Paul finds that while the law of Sinai points him heavenward, the law of sin pulls him hellward.
It acts in the moral realm exactly as the law of gravity operates in the physical realm. It exerts a downward pull.
Paul next describes two principles he sees at work within himself (goes in tandem with the two laws we just discussed
There is what he calls the law of my mind.
This law seems to be practically identical with the law of God in verse 22.
It takes sides with the law of God, for Paul confesses that "with the mind I myself serve the law of God" (v. 25).
In other words, his inner man delights in God’s law.
Every true believer knows what Paul is talking about here.
We give intellectual assent to God’s laws.
We read the Sermon on the Mount and say, "Yes, I should like to live like that."
We study the life of Jesus and say, "Yes, I would like to be like Jesus."
Mentally every believer sides with God on the question of conduct.
But there is an opposite principle which Paul defines as (2) the law in my members (v. 23).
This law seems to be identical with the law of sin.
In fact, Paul says that it is "the law of sin in my members" (v. 23).
It is the law of sin asserting itself in the members of the believer’s body so that often involuntarily the eyes look with lust, the tongue wags in gossip, the ears strain to hear that which is improper and impure.
The gulf between what the law demands and what the flesh can produce is vast indeed. With all these conflicting purposes, and principles the believer is well-nigh pulled apart.
Paul cries, "O wretched man that I am! who shall deliver me from the body of this death?"
Some believe Paul is drawing an analogy here.
Certain types of criminals were executed by the Romans with special brutality.

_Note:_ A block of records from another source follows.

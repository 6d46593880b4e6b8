-- ===== src/RefreshToken/Issue.antt =====
-- Issuing a refresh token, and using it.
use hotel_crm.Prelude.{
  ℕ, zero, suc, ◌+◌, ◌*◌, ◌<◌, ◌≡◌, refl, sym, ap, ◌∙◌, String, Option, none, some, arith,
  Option-cases, inl, inr,
}
use hotel_crm.Schema.{TokenRow, token_conflict}
use hotel_crm.Platform.{Platform, World}
use hotel_crm.Platform.Results.{ok, err, pure, ◌>>◌}
use hotel_crm.Tenant.{setting_of}
use hotel_crm.RefreshToken.Repository.{create, NewRefreshToken, new_row, expired_of, policy}
use hotel_crm.RefreshToken.Service.{
  TokenSubject, issue, hash, sign_refresh, refresh_claims, expires_at_of, milliseconds,
}
use hotel_crm.RefreshToken.Steps.{create_lem, create_refused, delete_expired_for_user_lem}

module _ {U T R K : Type 0} (p : Platform U T R K) where
  milliseconds_lem :
      (n : ℕ) (w : World U T R) → 0 < n → milliseconds p (some n) w ≡ (ok (n * 1000), w)
  unfolding milliseconds
  milliseconds_lem zero w h = absurd (omega arith)
  milliseconds_lem (suc n) w h = refl

module _ {U T R K : Type 0} (p : Platform U T R K) (subject : TokenSubject) (family_id : String)
    (w : World U T R) where
  -- The token that `issue` signs, when it expires, and the row that it stores.
  abbrev pub new_token : K
  new_token = sign_refresh p (p.clock w.reads) (refresh_claims subject (p.random_uuid w.drawn))

  abbrev pub expiry_of : ℕ
  expiry_of = p.jwt.expiry p.env.jwt_refresh_expires_in (p.clock w.reads) * 1000

  abbrev pub stored_row : TokenRow
  stored_row =
      new_row subject.tenant_id (p.random_uuid (w.drawn + 1)) (p.clock (w.reads + 1 + 1)) (record {
        user_id = subject.id;
        family_id = family_id;
        token_hash = hash p new_token;
        expires_at = expiry_of;
      })

  -- The tokens of the user that have expired go first.
  abbrev pub pruned : Option String → T
  pruned s =
      p.tokens.delete_many (policy s) (expired_of subject.id (p.clock (w.reads + 1))) w.tokens

  -- The world in which `issue` inserts the row, and what it inserts.
  abbrev pruned_world : Option String → World U T R
  pruned_world s = record w { tokens = pruned s; reads = w.reads + 1 + 1; drawn = w.drawn + 1 }

  abbrev new_record : NewRefreshToken
  new_record = record {
    user_id = subject.id;
    family_id = family_id;
    token_hash = hash p new_token;
    expires_at = expiry_of;
  }

  issue-create :
      (s : Option String)
      → setting_of p subject.tenant_id ≡ ok s
      → issue p subject family_id w
        ≡ (create p subject.tenant_id new_record >> pure new_token) (pruned_world s)
  unfolding issue expires_at_of
  issue-create s e = rw (
    delete_expired_for_user_lem p subject.tenant_id s
        (record w { reads = w.reads + 1; drawn = w.drawn + 1 }) e subject.id,
    decoded,
    milliseconds_lem p (p.jwt.expiry p.env.jwt_refresh_expires_in (p.clock w.reads)) _
        (p.jwt.expiry_pos _ _),
  )
    where
      decoded :
          p.jwt.decode_exp new_token
          ≡ some (p.jwt.expiry p.env.jwt_refresh_expires_in (p.clock w.reads))
      decoded = unfold sign_refresh in p.jwt.decode_exp-sign _ _ _ _

  -- `issue` succeeds where the insert does.
  pub issue_lem :
      (s : Option String) (t : T)
      → setting_of p subject.tenant_id ≡ ok s
      → p.to_uuid subject.tenant_id ≡ ok subject.tenant_id
      → p.tokens.create (policy s) token_conflict stored_row (pruned s) ≡ some t
      → issue p subject family_id w ≡ (
        ok new_token,
        record w { tokens = t; reads = w.reads + 1 + 1 + 1; drawn = w.drawn + 1 + 1 },
      )
  issue_lem s t e f g =
      issue-create s e
      ∙ rw (create_lem p subject.tenant_id s (pruned_world s) e new_record subject.tenant_id t f g)

  issue_refused :
      (s : Option String)
      → setting_of p subject.tenant_id ≡ ok s
      → p.to_uuid subject.tenant_id ≡ ok subject.tenant_id
      → p.tokens.create (policy s) token_conflict stored_row (pruned s) ≡ none
      → (issue p subject family_id w).0
        ≡ err (p.tokens.refusal (policy s) token_conflict stored_row (pruned s))
  issue_refused s e f g =
      let refused =
        create_refused p subject.tenant_id s (pruned_world s) e new_record subject.tenant_id f g in
      ap (λ o. o.0) (issue-create s e) ∙ ground (arith, refused)

  -- What a successful `issue` has stored.
  pub issue-ok :
      (s : Option String) (token : K) (w' : World U T R)
      → setting_of p subject.tenant_id ≡ ok s
      → p.to_uuid subject.tenant_id ≡ ok subject.tenant_id
      → issue p subject family_id w ≡ (ok token, w')
      → (token ≡ new_token)
        × (p.tokens.create (policy s) token_conflict stored_row (pruned s) ≡ some w'.tokens)
  issue-ok s token w' e f h =
      elim (Option-cases (p.tokens.create (policy s) token_conflict stored_row (pruned s))) [
        | inl g ↦ absurd (cc (ap (λ o. o.0) h, issue_refused s e f g))
        | inr (t, g) ↦
            let both = sym h ∙ issue_lem s t e f g in
            (ground (arith, both), g ∙ ap (λ o. some o.1.tokens) (sym both))
      ]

Sometimes if the man had committed a murder, he was bound hand to hand, face to face with the corpse of his victim and then thrown out into the heat of the Mediterranean sun. As the corpse decayed, it ate death into the living man and became to him, in the strictest literal sense, "a body of death." Paul sees the carnal believer thus bound to the old nature and truly a wretched man.
Illustration
Suppose a biologist were to perform an experiment by grafting at a given stage of development a butterfly to a spider and do so in such a way that the two creatures were fused into one and thus grew to maturity.
What a clash of instincts there would be in a monstrosity like this.
One part of the creature’s nature would long for the clear vault of heaven, while the other part would crave a web in a dark corner and a diet of blood.
What could be done with such a creature? Nothing, except put it to death.
There is a sense in which, in the garden of Eden, Satan performed just such diabolical surgery on the human race.
Part of his own personality, so to speak, was grafted onto the human personality and the product of this union is the "flesh."
There is only one thing God can do to the flesh and that is to put it to death.
This is exactly what He has done by identifying us with Christ in His death.
The flesh is hopelessly corrupt and can produce nothing acceptable to God. Our hope is to escape from it in the way that God has appointed. That way, of course, is the great theme of Romans 6 and 8.
The final thing then to observe is (3) how completely this gulf has been spanned.
What is Paul’s final answer? Brought at last to a complete end of himself, he sees the way of escape. "I thank God through Jesus Christ our Lord" (v. 25).
Just as eternal life is "through Jesus Christ our Lord," so escape from the flesh is through Him.
On the cross the Lord Jesus dealt effectively not only with the problem of sin and with the problem of Satan, but with the problem of self as well.
In the next chapter Paul shows how this victory, explained at such length in chapters 6 and 7, can be experienced.